The vital importance of naval control of Lake Champlain is of course beyond doubt, and the long process of building vessels was clearly the reason for the failure to obtain better results. Nevertheless, it is difficult not to feel that during the long summer of 1759 Amherst did not keep sufficiently before him what should have been his main object, assisting Wolfe’s operations at Quebec. The capture of Fort Niagara – effected on 25 July, after Prideaux had been killed, by Sir William Johnson – immediately led Montcalm* to weaken his army at Quebec by sending troops west. Amherst’s own cautious and ponderous operations had no such effect. More energy and more effective improvisation on his part might well have ended the war in Canada in 1759. As it was, another year’s campaign was necessary.

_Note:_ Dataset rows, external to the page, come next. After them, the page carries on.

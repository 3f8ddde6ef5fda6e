-- ===== src/Deadlines/Preservation.antt =====
-- Every call of the deadline store keeps its invariant.
use ddd_kit_ts.Base.{
  ℕ, ◌+◌, ◌≤◌, ◌<◌, ◌≡◌, inl, inr, refl, sym, ◌∙◌, Option, none, some, Bool, List, [], ◌∷◌, arith,
  leb, Option-cases, Bool-cases,
}
use ddd_kit_ts.Base.Capacity.{Within, Within-anti, over_limit, over_limit-Within}
use ddd_kit_ts.Base.JsMap
use ddd_kit_ts.Base.JsMap.{JsMap}
use ddd_kit_ts.Base.JsMap.Laws.{
  set-IsMap, delete-IsMap, size-set_new, size-set_old, size-set-le, size-delete, size-delete-le,
}
use ddd_kit_ts.Base.JsString.{JsString, JsString-discrete}
use ddd_kit_ts.Deadlines.{
  StoredDeadline, InMemoryDeadlineStore, records_held, address, delivery_id_of, records,
  schedule_room, schedule, cancel, find_delivery, deliver_pending, mark_delivered, failed,
  mark_failed_at, mark_failed,
}
use ddd_kit_ts.Deadlines.Invariant.{
  IsKnown, AllKnown, IsValid, IsKnown-weaken, AllKnown-set, AllDistinct-set, AllKnown-delete,
  AllDistinct-delete, find_delivery-some,
}

module _ {P : Type 0} where
  failed-fields :
      (d : StoredDeadline P) (error : Option JsString)
      → ((failed d error).attempts ≡ d.attempts + 1)
        × ((failed d error).sequence ≡ d.sequence)
        × ((failed d error).delivery_id ≡ d.delivery_id)
        × ((failed d error).scope ≡ d.scope)
        × ((failed d error).key ≡ d.key)
  unfolding failed
  failed-fields d none = (refl, refl, refl, refl, refl)
  failed-fields d (some e) = (refl, refl, refl, refl, refl)

  failed-IsKnown :
      (next max : ℕ) (k : JsString) (d : StoredDeadline P) (error : Option JsString)
      → (failed d error).attempts < max
      → IsKnown next max k d
      → IsKnown next max k (failed d error)
  failed-IsKnown next max k d error lt v =
      let (a, q, i, c, y) = failed-fields d error in
      record {
        own_address = rw (c, y) v.own_address;
        own_id = rw (i, q) v.own_id;
        given_out = rw q v.given_out;
        attempts_left = lt;
      }

  -- A record leaves the pending ones: the rest stays valid, with one record fewer.
  dropped-IsValid :
      (s : InMemoryDeadlineStore P) (k : JsString) (dead : JsMap JsString (StoredDeadline P))
      → IsValid s
      → JsMap.IsMap JsString-discrete dead
      → JsMap.size (JsMap.delete JsString-discrete k s.pending) + JsMap.size dead ≤ records s
      → IsValid (record s { pending = JsMap.delete JsString-discrete k s.pending; dead = dead })
  dropped-IsValid s k dead v dead_map le = record {
    pending_map = delete-IsMap JsString-discrete k s.pending v.pending_map;
    dead_map = dead_map;
    some_attempt = v.some_attempt;
    bounded = Within-anti _ (records s) s.max_records le v.bounded;
    known =
        AllKnown-delete s.next_sequence s.max_delivery_attempts k s.pending v.pending_map v.known;
    distinct = AllDistinct-delete k s.pending v.pending_map v.distinct;
  }

  -- Cancelling keeps the invariant.
  pub cancel-IsValid :
      (s : InMemoryDeadlineStore P) (scope key : JsString)
      → IsValid s
      → IsValid (cancel s scope key)
  unfolding cancel
  cancel-IsValid s scope key v =
      let le : JsMap.size (JsMap.delete JsString-discrete (address scope key) s.pending)
          ≤ JsMap.size s.pending =
        size-delete-le JsString-discrete (address scope key) s.pending in
      dropped-IsValid s (address scope key) s.dead v v.dead_map (omega (arith, le))

  delivered_one-IsValid :
      (s : InMemoryDeadlineStore P) (id : JsString) (found : Option (JsString × StoredDeadline P))
      → IsValid s
      → IsValid (record s {
        dead = JsMap.delete JsString-discrete id s.dead;
        pending = deliver_pending found s.pending;
      })
  unfolding deliver_pending
  delivered_one-IsValid s id none v = record {
    pending_map = v.pending_map;
    dead_map = delete-IsMap JsString-discrete id s.dead v.dead_map;
    some_attempt = v.some_attempt;
    bounded =
        let le : JsMap.size (JsMap.delete JsString-discrete id s.dead) ≤ JsMap.size s.dead =
          size-delete-le JsString-discrete id s.dead in
        Within-anti _ (records s) s.max_records (omega (arith, le)) v.bounded;
    known = v.known;
    distinct = v.distinct;
  }
  delivered_one-IsValid s id (some (k, d)) v =
      let le : JsMap.size (JsMap.delete JsString-discrete id s.dead) ≤ JsMap.size s.dead =
        size-delete-le JsString-discrete id s.dead in
      let le' : JsMap.size (JsMap.delete JsString-discrete k s.pending) ≤ JsMap.size s.pending =
        size-delete-le JsString-discrete k s.pending in
      dropped-IsValid s k (JsMap.delete JsString-discrete id s.dead) v
        (delete-IsMap JsString-discrete id s.dead v.dead_map) (omega (arith, le, le'))

  -- Acknowledging any list of delivery ids keeps the invariant.
  pub mark_delivered-IsValid :
      (s : InMemoryDeadlineStore P) (ids : List JsString)
      → IsValid s
      → IsValid (mark_delivered s ids)
  unfolding mark_delivered
  mark_delivered-IsValid s [] v = v
  mark_delivered-IsValid s (id ∷ ids) v =
      mark_delivered-IsValid
        (record s {
          dead = JsMap.delete JsString-discrete id s.dead;
          pending = deliver_pending (find_delivery id s.pending) s.pending;
        })
        ids (delivered_one-IsValid s id (find_delivery id s.pending) v)

  failed_at-IsValid :
      (s : InMemoryDeadlineStore P) (error : Option JsString) (k : JsString) (d : StoredDeadline P)
      → IsValid s
      → JsMap.get JsString-discrete k s.pending ≡ some d
      → IsValid (mark_failed_at s error (some (k, d))).1
  unfolding mark_failed_at
  failed_at-IsValid s error k d v at =
      elim (Bool-cases (leb s.max_delivery_attempts (failed d error).attempts)) [
        | inl last ↦
            let dead' : JsMap JsString (StoredDeadline P) =
              JsMap.set JsString-discrete d.delivery_id (failed d error) s.dead in
            let gone : JsMap.size (JsMap.delete JsString-discrete k s.pending) + 1
                ≡ JsMap.size s.pending =
              size-delete JsString-discrete k d s.pending at in
            let grown : JsMap.size dead' ≤ JsMap.size s.dead + 1 =
              size-set-le JsString-discrete d.delivery_id (failed d error) s.dead in
            rw last (
              dropped-IsValid s k dead' v
                (set-IsMap JsString-discrete d.delivery_id (failed d error) s.dead v.dead_map)
                (omega (arith, gone, grown)))
        | inr left ↦
            let (a, q, i, c, y) = failed-fields d error in
            rw left (record {
              pending_map = set-IsMap JsString-discrete k (failed d error) s.pending v.pending_map;
              dead_map = v.dead_map;
              some_attempt = v.some_attempt;
              bounded =
                  rw (size-set_old JsString-discrete k (failed d error) d s.pending at) v.bounded;
              known =
                  AllKnown-set s.next_sequence s.max_delivery_attempts k (failed d error) s.pending
                    (failed-IsKnown s.next_sequence s.max_delivery_attempts k d error
                      (ground (arith, left)) (v.known k d at))
                    v.known;
              distinct =
                  AllDistinct-set k (failed d error) s.pending
                    (λ k' d' at' e. v.distinct k k' d d' at at' (sym q ∙ e)) v.distinct;
            })
      ]

  -- A failure report keeps the invariant.
  pub mark_failed-IsValid :
      (s : InMemoryDeadlineStore P) (id : JsString) (error : Option JsString)
      → IsValid s
      → IsValid (mark_failed s id error).1
  unfolding mark_failed mark_failed_at
  mark_failed-IsValid s id error v = elim (Option-cases (find_delivery id s.pending)) [
    | inl nothing ↦ rw (nothing, mark_failed, mark_failed_at) v
    | inr ((k, d), found) ↦
        rw (found, mark_failed)
          (failed_at-IsValid s error k d v
            (find_delivery-some id k d s.pending v.pending_map found).0)
  ]

  AllKnown-weaken :
      (next max : ℕ) (m : JsMap JsString (StoredDeadline P))
      → AllKnown next max m
      → AllKnown (next + 1) max m
  AllKnown-weaken next max m v k d at =
      IsKnown-weaken next (next + 1) max k d (omega arith) (v k d at)

  -- The numbering moves on without a record: a payload that cannot be copied.
  numbered-IsValid :
      (s : InMemoryDeadlineStore P)
      → IsValid s
      → IsValid (record s { next_sequence = s.next_sequence + 1 })
  numbered-IsValid s v = record {
    pending_map = v.pending_map;
    dead_map = v.dead_map;
    some_attempt = v.some_attempt;
    bounded = v.bounded;
    known = AllKnown-weaken s.next_sequence s.max_delivery_attempts s.pending v.known;
    distinct = v.distinct;
  }

  room_new :
      (s : InMemoryDeadlineStore P) (a : JsString)
      → JsMap.get JsString-discrete a s.pending ≡ none
      → schedule_room s a ≡ over_limit records_held s.max_records (records s) 1
  unfolding schedule_room
  room_new s a new = ground arith

  scheduled-bounded :
      (s : InMemoryDeadlineStore P) (a : JsString) (d : StoredDeadline P)
      → IsValid s
      → schedule_room s a ≡ none
      → Within
          (JsMap.size (JsMap.set JsString-discrete a d s.pending) + JsMap.size s.dead)
          s.max_records
  unfolding schedule_room
  scheduled-bounded s a d v room = elim (Option-cases (JsMap.get JsString-discrete a s.pending)) [
    | inl new ↦
        let fits : over_limit records_held s.max_records (records s) 1 ≡ none =
          sym (room_new s a new) ∙ room in
        let grown : JsMap.size (JsMap.set JsString-discrete a d s.pending)
            ≡ JsMap.size s.pending + 1 =
          size-set_new JsString-discrete a d s.pending new in
        Within-anti _ (records s + 1) s.max_records (omega (arith, grown))
          (over_limit-Within records_held s.max_records (records s) 1 fits)
    | inr (old, at) ↦ rw (size-set_old JsString-discrete a d old s.pending at) v.bounded
  ]

  scheduled-IsValid :
      (s : InMemoryDeadlineStore P) (d : StoredDeadline P)
      → IsValid s
      → schedule_room s (address d.scope d.key) ≡ none
      → d.sequence ≡ s.next_sequence
      → d.delivery_id ≡ delivery_id_of s.next_sequence
      → d.attempts ≡ 0
      → IsValid (record s {
        next_sequence = s.next_sequence + 1;
        pending = JsMap.set JsString-discrete (address d.scope d.key) d s.pending;
      })
  scheduled-IsValid s d v room number id fresh =
      let new : IsKnown (s.next_sequence + 1) s.max_delivery_attempts (address d.scope d.key) d =
        record {
          own_address = refl;
          own_id = rw (number, id);
          given_out = omega (arith, number);
          attempts_left = rw fresh v.some_attempt;
        } in
      record {
        pending_map = set-IsMap JsString-discrete (address d.scope d.key) d s.pending v.pending_map;
        dead_map = v.dead_map;
        some_attempt = v.some_attempt;
        bounded = scheduled-bounded s (address d.scope d.key) d v room;
        known =
            AllKnown-set (s.next_sequence + 1) s.max_delivery_attempts (address d.scope d.key) d
              s.pending new
              (AllKnown-weaken s.next_sequence s.max_delivery_attempts s.pending v.known);
        distinct =
            AllDistinct-set (address d.scope d.key) d s.pending
              (λ k o at same.
                let old : o.sequence < s.next_sequence = (v.known k o at).given_out in
                absurd (omega (arith, old, same, number)))
              v.distinct;
      }

  -- Scheduling keeps the invariant, whether it is refused, fails to copy its payload, replaces a
  -- pending deadline or adds one.
  pub schedule-IsValid :
      (cloneable : P → Bool) (s : InMemoryDeadlineStore P) (scope key : JsString) (due_at : ℕ)
      (payload : P)
      → IsValid s
      → IsValid (schedule cloneable s scope key due_at payload).1
  unfolding schedule
  schedule-IsValid cloneable s scope key due_at payload v =
      elim (Option-cases (schedule_room s (address scope key))) [
        | inr (full, refused) ↦ rw (refused, schedule) v
        | inl room ↦ elim (Bool-cases (cloneable payload)) [
          | inr lost ↦ rw (room, schedule, lost) (numbered-IsValid s v)
          | inl copied ↦
              rw (room, schedule, copied)
                (scheduled-IsValid s
                  (record {
                    delivery_id = delivery_id_of s.next_sequence;
                    scope = scope;
                    key = key;
                    due_at = due_at;
                    payload = payload;
                    attempts = 0;
                    sequence = s.next_sequence;
                    last_error = none;
                  })
                  v room refl refl refl)
        ]
      ]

Pitt’s orders for 1760 indicated the capture of Montreal as “the great and essential object,” and Amherst was instructed to invade Canada “according as you shall, from your knowledge of the Countries, thro’ which the War is to be carried, and from emergent circumstances not to be known here, judge the same to be most expedient.” He decided on a three-pronged attack: James Murray with the Quebec garrison moving up the St Lawrence, Brigadier-General William Haviland proceeding from Crown Point up Lake Champlain, and Amherst himself moving down the St Lawrence from Lake Ontario. The French would thus be obliged to divide their limited forces, and would be denied any possibility of retreat into the interior such as they had made after the battle of the Plains of Abraham. Again large forces were requisitioned from the colonies. Amherst’s own army, over 10,000 strong, was by far the largest. As in 1759, the winter and spring were devoted to logistic planning and preparation. Large numbers of bateaux and whale boats were built. The late arrival of the provincial troops, who provided the labour to move the boats and supplies, delayed the opening of the campaign, but from mid May great quantities of provisions were moving up the waterways and over the portages to Lake Champlain and Amherst’s advanced base at Oswego.
On 9 July Amherst himself arrived at Oswego, and on the 14th two armed snows built by Loring at Niagara during the winter were sent east in the hope of capturing two French vessels similarly constructed. On 10 August Amherst embarked his army in boats and began the movement against Montreal. After the French vessel the Outaouaise was captured on the 17th by “rowgalleys” manned by the Royal Artillery under Colonel Williamson, the one man-made obstacle impeding the advance was Fort Lévis (east of Prescott, Ont.), on an island at the head of the rapids. Amherst besieged it formally, landing his artillery to bombard it. Captain Pierre Pouchot*, the French commander, made a determined defence, but the fort was battered into surrender on 25 August. The advance on Montreal now continued. Amherst lost 84 men drowned in the rapids on 4 September, but effective human resistance was at an end. On the 6th his army landed at Lachine on the island of Montreal and encamped before the city. Haviland had occupied Île aux Noix on 28 August and was now on the south shore of the St Lawrence opposite Montreal; Murray, having moved up the river without meeting serious opposition, was in position just below the city. Amherst wrote, “I believe never three Armys, setting out from different & very distant Parts from each other joyned in the Center, as was intended, better than we did.” Striking it was; but it must be said that the precision of the junction owed something to luck.
The French defenders of Montreal were in an impossible situation. The Canadian militia had virtually all deserted, and the army at Vaudreuil’s and Lévis’s disposal had shrunk to little more than 2,000 men. The British forces amounted to 17,000. Vaudreuil asked for a suspension of operations, pending news from Europe. Amherst “said I was come to take Canada and I did not intend to take anything less.” As at Louisbourg, he refused the French the honours of war, on the ground of the atrocities committed by their Indian allies. The French battalions burned their colours rather than give them up. Montreal, and with it Canada, was surrendered to Amherst on 8 Sept. 1760. The conquering general visited Quebec, with its already famous battlefields, before returning to his headquarters at New York.
Though the fighting with France in North America was virtually over, the war was not. Amherst as commander-in-chief was concerned with organizing expeditions against Dominica and Martinique in 1761 and in 1762 he sent a contingent to take part in the attack on Havana, Cuba. In August 1762 he dispatched his younger brother William with a hastily collected force to recover St John’s, Newfoundland, from the French under Charles-Henri-Louis d’Arsac de Ternay. News of peace in Europe came early in 1763. Almost immediately, however, Amherst began to receive from the west reports of Indian attacks which were the opening shots of Pontiac*’s uprising.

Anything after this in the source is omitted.